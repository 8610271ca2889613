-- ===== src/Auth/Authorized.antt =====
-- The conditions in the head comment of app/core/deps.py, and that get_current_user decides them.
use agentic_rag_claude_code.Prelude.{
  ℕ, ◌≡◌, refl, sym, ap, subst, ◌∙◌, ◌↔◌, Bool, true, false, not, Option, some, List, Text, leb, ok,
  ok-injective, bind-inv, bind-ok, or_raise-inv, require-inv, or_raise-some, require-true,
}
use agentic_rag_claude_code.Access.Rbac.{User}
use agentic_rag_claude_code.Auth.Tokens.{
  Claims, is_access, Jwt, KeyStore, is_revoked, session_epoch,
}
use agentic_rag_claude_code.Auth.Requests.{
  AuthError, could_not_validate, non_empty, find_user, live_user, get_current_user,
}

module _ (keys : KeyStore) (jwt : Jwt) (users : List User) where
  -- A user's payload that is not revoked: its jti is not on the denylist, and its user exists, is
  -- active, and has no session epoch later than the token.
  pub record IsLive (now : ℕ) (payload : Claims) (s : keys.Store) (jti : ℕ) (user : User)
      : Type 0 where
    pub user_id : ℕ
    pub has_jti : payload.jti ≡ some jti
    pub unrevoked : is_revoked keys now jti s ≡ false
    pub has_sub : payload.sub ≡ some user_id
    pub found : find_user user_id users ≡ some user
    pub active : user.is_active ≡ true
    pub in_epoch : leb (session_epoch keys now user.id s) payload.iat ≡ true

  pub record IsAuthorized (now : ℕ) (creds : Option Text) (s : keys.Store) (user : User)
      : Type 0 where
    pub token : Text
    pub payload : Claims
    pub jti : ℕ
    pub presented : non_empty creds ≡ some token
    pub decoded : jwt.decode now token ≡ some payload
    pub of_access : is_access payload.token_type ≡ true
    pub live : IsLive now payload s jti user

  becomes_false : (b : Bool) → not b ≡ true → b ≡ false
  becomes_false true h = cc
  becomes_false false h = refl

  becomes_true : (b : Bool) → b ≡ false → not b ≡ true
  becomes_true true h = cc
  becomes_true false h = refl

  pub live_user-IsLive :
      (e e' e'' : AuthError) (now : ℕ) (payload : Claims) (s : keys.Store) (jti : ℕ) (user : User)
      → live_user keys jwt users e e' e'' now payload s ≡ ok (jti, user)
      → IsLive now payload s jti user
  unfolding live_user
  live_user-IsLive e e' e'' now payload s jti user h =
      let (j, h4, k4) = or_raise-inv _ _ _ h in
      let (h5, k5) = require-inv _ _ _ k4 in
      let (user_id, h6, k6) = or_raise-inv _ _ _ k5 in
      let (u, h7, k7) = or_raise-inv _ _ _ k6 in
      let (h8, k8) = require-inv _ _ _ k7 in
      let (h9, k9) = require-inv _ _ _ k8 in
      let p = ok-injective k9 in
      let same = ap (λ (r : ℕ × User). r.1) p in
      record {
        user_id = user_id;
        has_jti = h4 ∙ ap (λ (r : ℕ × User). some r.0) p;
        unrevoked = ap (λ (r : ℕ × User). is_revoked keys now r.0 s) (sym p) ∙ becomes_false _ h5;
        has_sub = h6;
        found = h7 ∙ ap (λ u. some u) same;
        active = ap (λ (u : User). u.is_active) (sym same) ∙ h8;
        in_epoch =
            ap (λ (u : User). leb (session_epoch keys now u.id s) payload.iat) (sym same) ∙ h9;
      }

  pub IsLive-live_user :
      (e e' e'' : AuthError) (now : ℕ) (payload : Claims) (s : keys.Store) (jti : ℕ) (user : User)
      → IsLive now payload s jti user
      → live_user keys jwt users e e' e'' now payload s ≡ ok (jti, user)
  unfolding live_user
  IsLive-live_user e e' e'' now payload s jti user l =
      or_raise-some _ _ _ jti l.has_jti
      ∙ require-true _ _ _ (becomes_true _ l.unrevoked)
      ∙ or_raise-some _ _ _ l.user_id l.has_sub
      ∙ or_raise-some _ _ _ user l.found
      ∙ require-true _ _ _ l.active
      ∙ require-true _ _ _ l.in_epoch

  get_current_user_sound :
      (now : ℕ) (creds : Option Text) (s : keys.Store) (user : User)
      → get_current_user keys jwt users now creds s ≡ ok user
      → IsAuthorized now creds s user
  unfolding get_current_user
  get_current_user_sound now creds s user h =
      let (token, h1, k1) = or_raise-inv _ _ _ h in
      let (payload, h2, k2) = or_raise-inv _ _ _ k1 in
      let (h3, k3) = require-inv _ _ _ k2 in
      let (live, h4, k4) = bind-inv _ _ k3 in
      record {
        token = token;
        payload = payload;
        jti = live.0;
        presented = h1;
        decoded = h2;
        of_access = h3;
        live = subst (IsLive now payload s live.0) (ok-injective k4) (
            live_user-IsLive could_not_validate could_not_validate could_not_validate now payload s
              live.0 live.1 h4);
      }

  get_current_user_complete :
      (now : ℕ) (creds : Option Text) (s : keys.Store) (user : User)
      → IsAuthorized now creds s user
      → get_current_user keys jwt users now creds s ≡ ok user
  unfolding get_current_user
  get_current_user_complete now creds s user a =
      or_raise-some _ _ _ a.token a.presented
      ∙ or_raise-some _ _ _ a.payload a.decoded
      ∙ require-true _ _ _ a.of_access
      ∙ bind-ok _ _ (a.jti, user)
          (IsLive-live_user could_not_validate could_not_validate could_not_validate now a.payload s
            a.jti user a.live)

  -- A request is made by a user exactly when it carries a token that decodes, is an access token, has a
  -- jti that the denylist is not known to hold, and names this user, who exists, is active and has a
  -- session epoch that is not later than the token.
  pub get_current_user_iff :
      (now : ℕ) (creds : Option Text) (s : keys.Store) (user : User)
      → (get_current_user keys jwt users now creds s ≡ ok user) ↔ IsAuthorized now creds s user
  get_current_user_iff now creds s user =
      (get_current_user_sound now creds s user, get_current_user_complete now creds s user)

══════

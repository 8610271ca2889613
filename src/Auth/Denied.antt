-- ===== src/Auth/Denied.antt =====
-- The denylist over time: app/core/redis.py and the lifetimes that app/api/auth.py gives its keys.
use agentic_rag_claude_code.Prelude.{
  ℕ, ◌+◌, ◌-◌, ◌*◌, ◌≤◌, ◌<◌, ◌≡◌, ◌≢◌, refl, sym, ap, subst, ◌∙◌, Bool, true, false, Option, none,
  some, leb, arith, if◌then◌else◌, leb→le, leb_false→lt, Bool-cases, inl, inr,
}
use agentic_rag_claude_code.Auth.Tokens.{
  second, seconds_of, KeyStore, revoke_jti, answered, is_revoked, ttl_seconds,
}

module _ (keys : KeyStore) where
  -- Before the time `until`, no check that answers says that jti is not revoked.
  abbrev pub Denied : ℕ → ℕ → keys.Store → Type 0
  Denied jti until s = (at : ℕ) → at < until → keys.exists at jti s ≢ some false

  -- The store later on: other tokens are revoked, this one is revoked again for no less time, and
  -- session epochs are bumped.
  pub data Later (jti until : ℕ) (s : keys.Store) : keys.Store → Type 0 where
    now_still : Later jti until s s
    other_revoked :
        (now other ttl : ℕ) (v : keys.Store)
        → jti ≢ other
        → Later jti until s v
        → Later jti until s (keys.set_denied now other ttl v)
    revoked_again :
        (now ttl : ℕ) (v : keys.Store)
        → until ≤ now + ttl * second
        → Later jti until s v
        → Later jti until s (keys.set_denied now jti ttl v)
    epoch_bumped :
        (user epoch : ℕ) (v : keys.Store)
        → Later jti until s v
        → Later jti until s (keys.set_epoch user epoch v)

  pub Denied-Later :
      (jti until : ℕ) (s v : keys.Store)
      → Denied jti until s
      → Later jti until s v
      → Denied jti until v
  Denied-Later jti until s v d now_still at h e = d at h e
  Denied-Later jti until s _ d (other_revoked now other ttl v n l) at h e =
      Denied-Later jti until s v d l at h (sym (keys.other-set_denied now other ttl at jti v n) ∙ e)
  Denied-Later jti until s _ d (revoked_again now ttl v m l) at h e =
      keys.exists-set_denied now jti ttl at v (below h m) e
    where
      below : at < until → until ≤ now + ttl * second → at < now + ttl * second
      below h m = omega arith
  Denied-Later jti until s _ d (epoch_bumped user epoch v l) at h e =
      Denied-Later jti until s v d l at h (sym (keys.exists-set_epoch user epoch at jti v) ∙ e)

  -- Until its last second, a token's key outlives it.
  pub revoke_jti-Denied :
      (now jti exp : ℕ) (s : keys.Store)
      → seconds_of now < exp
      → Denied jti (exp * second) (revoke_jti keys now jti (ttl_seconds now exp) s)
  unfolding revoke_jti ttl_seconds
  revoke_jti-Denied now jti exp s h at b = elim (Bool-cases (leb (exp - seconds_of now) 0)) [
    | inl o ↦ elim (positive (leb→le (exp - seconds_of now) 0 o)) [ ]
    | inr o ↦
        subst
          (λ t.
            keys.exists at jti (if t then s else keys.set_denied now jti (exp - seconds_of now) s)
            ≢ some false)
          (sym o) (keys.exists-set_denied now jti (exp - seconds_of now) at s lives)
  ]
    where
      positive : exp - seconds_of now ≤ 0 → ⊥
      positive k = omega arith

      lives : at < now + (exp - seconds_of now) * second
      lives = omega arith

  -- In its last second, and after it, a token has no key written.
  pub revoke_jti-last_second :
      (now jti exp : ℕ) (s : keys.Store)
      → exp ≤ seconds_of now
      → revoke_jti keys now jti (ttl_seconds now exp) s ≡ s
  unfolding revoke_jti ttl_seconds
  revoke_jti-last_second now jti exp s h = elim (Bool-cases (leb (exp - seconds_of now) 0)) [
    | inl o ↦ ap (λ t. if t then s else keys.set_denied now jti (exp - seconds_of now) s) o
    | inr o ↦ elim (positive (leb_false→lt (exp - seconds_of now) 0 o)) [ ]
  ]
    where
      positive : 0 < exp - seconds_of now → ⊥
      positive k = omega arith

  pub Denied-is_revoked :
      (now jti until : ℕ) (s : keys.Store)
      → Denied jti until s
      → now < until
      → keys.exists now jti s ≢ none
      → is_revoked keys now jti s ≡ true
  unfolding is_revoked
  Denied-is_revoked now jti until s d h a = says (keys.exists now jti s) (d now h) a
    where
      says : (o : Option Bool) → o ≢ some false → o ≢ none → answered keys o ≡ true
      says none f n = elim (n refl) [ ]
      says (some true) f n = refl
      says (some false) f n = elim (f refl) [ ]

══════

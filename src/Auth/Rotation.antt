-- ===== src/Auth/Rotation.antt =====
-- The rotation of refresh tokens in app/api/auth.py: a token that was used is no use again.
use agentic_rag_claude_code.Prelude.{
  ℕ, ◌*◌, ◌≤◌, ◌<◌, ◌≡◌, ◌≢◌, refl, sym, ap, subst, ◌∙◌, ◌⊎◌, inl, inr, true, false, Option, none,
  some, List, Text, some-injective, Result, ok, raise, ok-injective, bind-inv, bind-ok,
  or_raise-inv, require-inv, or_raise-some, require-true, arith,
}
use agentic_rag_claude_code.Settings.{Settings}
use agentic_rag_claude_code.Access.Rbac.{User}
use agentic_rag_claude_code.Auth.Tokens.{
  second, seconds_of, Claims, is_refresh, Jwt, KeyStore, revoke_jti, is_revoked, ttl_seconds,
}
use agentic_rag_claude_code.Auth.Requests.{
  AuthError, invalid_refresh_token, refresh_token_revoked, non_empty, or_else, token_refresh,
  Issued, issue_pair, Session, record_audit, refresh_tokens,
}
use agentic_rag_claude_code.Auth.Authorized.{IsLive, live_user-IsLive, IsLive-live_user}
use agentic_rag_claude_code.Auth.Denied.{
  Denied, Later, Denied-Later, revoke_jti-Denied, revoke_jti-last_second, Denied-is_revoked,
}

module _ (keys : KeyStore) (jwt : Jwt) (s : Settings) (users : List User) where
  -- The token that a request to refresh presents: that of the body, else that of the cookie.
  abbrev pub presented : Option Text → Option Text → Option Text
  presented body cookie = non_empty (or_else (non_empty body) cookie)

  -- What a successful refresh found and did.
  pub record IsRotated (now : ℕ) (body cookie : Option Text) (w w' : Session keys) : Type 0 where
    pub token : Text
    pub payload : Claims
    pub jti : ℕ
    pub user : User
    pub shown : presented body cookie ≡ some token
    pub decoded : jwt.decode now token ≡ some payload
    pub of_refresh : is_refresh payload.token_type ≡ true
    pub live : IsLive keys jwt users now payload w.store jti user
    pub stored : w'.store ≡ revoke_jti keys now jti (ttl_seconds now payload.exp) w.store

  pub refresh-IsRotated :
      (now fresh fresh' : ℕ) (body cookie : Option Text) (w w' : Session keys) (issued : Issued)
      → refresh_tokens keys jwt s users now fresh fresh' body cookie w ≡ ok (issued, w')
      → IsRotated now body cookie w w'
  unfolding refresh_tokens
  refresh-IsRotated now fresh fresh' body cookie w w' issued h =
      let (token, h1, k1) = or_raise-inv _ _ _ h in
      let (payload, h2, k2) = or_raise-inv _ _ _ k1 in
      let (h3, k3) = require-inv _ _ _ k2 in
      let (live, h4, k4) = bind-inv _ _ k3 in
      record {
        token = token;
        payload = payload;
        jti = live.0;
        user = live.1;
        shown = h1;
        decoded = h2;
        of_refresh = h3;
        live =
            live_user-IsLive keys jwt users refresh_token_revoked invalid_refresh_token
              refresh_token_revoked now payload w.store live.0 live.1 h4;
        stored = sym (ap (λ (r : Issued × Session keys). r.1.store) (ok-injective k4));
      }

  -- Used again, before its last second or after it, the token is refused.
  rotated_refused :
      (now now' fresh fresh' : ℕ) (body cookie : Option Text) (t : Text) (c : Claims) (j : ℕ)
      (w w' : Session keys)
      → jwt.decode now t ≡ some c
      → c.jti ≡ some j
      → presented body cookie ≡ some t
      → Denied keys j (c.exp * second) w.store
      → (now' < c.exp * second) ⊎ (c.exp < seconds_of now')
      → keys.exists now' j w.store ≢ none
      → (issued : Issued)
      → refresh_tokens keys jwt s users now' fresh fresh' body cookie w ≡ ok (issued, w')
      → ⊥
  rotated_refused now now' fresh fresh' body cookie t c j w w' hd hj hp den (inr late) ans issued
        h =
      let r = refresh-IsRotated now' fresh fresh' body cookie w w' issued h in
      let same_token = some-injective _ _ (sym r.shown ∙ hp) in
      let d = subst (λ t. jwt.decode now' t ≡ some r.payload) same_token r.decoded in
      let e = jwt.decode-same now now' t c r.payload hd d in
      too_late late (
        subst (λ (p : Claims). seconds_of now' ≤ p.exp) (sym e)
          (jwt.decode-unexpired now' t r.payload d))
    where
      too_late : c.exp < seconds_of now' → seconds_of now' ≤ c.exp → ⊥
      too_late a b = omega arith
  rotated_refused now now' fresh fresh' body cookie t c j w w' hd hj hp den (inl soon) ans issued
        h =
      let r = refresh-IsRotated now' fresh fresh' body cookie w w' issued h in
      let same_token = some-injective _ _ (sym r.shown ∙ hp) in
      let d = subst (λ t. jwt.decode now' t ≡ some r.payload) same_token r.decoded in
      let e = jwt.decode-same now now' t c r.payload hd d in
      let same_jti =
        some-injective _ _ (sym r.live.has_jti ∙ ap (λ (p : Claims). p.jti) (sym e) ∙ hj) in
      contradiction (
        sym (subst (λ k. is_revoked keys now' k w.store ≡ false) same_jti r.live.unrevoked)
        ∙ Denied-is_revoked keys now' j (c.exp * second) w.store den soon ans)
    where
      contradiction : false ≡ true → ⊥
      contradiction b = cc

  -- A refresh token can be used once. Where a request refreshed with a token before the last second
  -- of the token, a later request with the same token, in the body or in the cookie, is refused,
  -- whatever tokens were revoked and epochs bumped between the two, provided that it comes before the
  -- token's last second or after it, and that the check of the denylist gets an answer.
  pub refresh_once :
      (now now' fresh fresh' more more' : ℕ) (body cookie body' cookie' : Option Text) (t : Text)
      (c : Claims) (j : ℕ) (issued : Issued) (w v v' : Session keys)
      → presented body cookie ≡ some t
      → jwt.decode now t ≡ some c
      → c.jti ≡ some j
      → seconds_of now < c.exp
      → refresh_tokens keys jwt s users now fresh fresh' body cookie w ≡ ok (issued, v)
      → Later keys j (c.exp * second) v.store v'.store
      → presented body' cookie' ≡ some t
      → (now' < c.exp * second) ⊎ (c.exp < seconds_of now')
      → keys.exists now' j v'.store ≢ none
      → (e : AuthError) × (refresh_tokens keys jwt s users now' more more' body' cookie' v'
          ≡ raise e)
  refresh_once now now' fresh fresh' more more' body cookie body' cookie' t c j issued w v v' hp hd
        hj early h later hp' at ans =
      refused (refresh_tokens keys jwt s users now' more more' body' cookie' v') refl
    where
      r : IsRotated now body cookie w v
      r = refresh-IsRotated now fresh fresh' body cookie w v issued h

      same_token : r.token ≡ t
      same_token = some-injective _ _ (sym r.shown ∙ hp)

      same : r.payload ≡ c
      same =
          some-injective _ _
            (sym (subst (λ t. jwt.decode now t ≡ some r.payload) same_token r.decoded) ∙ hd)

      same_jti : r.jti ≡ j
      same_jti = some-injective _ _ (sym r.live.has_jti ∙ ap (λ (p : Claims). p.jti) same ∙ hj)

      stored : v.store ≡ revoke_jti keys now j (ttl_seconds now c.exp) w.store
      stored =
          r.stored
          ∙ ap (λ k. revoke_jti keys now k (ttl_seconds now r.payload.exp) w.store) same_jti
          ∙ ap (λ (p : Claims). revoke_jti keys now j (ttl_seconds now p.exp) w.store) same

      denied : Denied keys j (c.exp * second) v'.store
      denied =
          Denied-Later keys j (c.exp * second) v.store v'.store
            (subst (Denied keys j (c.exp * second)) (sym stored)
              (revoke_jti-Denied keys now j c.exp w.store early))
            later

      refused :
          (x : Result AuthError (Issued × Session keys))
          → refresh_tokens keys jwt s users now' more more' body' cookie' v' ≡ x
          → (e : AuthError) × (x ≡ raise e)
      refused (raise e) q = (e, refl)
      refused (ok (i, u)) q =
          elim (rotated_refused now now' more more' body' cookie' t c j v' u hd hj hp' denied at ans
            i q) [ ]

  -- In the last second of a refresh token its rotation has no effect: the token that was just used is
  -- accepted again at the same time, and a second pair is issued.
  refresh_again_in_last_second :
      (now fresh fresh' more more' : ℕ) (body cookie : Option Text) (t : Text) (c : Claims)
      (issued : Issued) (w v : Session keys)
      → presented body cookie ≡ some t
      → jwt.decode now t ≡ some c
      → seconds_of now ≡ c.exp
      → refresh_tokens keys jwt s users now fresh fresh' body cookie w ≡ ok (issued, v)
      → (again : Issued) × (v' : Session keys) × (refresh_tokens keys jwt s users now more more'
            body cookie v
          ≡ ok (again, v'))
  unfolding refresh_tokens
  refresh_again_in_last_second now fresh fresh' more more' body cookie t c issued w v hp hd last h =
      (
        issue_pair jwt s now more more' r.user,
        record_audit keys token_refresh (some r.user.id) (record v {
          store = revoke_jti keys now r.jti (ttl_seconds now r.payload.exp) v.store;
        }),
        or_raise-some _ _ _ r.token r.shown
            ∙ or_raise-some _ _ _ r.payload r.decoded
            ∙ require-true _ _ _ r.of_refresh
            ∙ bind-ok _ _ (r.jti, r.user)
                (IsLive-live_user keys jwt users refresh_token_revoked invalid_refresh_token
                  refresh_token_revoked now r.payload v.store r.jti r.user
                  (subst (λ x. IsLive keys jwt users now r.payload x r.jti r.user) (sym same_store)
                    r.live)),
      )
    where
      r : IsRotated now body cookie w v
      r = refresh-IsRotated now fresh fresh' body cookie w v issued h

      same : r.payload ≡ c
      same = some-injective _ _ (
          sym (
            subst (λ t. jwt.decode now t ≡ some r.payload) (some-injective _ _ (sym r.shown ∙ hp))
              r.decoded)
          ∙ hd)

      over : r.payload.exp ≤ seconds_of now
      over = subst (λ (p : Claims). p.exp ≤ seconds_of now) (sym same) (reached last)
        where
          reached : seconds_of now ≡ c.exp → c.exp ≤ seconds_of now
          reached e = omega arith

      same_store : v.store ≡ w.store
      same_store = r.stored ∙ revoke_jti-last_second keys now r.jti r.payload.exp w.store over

══════

• _TASK TO COMPLETE_: Only the lines from the one containing "refresh-IsRotated now fresh fresh' body cookie w w'" through the one containing "refresh_token_revoked now payload" are to be retyped, both boundary lines included, with no other material.

• _EXERCISE RESPONSE_:
  refresh-IsRotated now fresh fresh' body cookie w w' issued h =
      let (token, h1, k1) = or_raise-inv _ _ _ h in
      let (payload, h2, k2) = or_raise-inv _ _ _ k1 in
      let (h3, k3) = require-inv _ _ _ k2 in
      let (live, h4, k4) = bind-inv _ _ k3 in
      record {
        token = token;
        payload = payload;
        jti = live.0;
        user = live.1;
        shown = h1;
        decoded = h2;
        of_refresh = h3;
        live =
            live_user-IsLive keys jwt users refresh_token_revoked invalid_refresh_token
              refresh_token_revoked now payload w.store live.0 live.1 h4;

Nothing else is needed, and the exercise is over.